§ **TASK STATEMENT**: Report every line of the records below that includes the string "none".

::: SOURCE RECORDS

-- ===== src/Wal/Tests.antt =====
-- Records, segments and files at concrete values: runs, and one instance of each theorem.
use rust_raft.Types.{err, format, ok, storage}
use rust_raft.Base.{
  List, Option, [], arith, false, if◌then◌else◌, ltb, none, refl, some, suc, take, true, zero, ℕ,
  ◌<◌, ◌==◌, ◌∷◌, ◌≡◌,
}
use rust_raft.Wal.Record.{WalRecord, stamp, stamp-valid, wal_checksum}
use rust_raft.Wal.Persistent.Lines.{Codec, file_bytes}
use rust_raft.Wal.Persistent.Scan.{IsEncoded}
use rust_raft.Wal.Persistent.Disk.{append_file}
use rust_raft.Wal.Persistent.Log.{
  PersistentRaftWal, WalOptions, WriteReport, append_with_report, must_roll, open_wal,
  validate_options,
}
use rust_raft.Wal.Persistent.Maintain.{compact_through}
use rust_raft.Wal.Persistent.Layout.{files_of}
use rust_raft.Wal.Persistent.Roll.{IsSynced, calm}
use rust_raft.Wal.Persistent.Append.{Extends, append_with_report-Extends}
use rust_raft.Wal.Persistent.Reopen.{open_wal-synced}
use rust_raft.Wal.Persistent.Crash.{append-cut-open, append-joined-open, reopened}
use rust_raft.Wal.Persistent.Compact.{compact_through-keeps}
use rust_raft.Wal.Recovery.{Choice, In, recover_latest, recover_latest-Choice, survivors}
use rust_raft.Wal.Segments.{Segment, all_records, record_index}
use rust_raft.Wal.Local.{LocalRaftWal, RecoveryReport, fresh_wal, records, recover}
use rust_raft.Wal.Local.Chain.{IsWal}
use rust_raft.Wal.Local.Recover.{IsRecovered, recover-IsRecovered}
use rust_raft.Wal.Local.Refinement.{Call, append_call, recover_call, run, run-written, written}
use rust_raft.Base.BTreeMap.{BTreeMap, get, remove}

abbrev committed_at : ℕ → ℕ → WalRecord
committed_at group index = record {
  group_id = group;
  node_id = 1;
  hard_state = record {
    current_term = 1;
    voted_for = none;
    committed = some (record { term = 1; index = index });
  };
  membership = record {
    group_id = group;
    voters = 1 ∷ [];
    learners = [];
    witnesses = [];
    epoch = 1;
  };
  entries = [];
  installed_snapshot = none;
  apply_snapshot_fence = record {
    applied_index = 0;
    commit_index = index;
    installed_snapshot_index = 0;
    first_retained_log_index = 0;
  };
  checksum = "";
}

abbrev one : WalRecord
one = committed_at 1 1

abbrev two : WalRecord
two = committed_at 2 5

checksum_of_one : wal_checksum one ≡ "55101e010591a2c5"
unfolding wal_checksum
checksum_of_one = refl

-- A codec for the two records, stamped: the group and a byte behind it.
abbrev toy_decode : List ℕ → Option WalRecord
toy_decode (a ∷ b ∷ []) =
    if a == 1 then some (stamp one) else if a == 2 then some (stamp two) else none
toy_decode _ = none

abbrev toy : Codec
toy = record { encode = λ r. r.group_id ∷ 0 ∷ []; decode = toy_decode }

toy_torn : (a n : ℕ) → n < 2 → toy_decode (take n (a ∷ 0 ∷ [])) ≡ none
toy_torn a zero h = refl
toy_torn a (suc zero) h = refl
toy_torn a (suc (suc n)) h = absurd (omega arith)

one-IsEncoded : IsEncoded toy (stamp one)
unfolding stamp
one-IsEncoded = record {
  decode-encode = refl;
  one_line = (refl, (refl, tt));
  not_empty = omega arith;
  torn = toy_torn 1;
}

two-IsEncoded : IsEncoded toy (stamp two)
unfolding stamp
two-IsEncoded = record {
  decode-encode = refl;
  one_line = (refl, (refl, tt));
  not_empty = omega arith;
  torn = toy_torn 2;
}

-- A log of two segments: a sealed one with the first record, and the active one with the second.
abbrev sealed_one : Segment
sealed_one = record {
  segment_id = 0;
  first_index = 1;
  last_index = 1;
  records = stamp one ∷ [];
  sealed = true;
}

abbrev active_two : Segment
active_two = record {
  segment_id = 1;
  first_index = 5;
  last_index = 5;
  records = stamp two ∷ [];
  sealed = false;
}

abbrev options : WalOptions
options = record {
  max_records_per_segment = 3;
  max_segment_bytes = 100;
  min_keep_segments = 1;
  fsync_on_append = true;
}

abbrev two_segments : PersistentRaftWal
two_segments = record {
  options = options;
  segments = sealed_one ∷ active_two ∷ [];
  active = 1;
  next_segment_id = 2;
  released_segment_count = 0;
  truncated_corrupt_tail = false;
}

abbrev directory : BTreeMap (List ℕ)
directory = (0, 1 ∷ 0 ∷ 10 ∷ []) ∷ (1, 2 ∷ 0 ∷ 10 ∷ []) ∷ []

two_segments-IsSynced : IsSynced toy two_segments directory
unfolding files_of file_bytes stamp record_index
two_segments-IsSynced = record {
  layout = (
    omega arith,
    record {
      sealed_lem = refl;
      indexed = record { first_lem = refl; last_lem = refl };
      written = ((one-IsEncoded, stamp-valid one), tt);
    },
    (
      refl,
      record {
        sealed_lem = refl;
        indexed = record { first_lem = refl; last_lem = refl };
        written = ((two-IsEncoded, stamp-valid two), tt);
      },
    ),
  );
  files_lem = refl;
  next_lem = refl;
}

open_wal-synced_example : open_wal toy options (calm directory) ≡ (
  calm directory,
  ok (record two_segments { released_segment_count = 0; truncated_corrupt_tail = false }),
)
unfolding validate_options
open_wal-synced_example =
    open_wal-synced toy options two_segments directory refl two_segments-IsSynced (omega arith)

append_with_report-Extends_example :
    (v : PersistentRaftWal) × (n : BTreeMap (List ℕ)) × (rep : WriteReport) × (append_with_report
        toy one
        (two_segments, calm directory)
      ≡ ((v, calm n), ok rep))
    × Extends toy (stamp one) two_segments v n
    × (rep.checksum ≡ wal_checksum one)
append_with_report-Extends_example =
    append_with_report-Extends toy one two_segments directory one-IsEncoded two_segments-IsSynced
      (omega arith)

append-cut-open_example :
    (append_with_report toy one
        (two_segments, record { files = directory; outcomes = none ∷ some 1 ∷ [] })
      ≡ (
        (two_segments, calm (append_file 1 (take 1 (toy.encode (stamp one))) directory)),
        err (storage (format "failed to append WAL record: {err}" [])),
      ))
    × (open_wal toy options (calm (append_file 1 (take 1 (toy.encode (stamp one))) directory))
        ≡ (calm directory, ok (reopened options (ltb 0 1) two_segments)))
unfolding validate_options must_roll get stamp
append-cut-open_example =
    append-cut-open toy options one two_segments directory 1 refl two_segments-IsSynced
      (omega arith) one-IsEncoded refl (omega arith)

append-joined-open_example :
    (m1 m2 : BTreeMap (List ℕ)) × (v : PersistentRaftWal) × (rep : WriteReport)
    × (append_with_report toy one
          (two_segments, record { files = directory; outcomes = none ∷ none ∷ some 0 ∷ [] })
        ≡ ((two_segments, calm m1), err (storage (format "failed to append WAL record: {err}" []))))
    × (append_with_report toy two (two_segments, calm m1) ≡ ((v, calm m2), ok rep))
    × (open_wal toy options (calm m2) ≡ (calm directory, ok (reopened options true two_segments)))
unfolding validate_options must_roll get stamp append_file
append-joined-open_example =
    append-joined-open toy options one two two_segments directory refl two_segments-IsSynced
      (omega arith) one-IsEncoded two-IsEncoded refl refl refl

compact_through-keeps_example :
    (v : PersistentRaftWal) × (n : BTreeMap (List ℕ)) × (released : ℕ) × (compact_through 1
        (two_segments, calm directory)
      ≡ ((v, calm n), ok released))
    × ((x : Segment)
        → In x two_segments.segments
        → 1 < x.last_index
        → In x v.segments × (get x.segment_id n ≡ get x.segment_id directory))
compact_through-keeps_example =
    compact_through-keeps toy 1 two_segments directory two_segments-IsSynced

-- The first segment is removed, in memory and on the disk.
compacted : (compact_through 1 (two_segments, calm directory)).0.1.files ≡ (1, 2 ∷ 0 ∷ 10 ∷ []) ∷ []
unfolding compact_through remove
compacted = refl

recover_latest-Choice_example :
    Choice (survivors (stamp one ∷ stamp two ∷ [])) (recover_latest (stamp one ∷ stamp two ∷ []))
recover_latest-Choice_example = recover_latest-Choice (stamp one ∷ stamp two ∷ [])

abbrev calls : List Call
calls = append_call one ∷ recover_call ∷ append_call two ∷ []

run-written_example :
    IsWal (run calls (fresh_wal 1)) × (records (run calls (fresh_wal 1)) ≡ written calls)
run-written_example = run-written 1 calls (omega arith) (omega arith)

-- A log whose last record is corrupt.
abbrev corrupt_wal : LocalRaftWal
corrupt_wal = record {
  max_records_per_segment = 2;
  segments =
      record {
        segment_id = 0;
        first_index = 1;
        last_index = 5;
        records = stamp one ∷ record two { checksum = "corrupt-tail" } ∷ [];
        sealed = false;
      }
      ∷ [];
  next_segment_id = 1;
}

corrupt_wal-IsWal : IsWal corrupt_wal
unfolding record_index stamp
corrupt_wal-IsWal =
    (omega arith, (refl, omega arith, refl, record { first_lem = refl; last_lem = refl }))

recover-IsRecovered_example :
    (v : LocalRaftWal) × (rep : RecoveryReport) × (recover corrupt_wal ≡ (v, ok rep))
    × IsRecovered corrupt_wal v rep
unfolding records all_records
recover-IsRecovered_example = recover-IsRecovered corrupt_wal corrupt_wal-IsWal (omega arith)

::::::

§ **TASK RESULT**:
  List, Option, [], arith, false, if◌then◌else◌, ltb, none, refl, some, suc, take, true, zero, ℕ,
    voted_for = none;
  installed_snapshot = none;
    if a == 1 then some (stamp one) else if a == 2 then some (stamp two) else none
toy_decode _ = none
toy_torn : (a n : ℕ) → n < 2 → toy_decode (take n (a ∷ 0 ∷ [])) ≡ none
        (two_segments, record { files = directory; outcomes = none ∷ some 1 ∷ [] })
          (two_segments, record { files = directory; outcomes = none ∷ none ∷ some 0 ∷ [] })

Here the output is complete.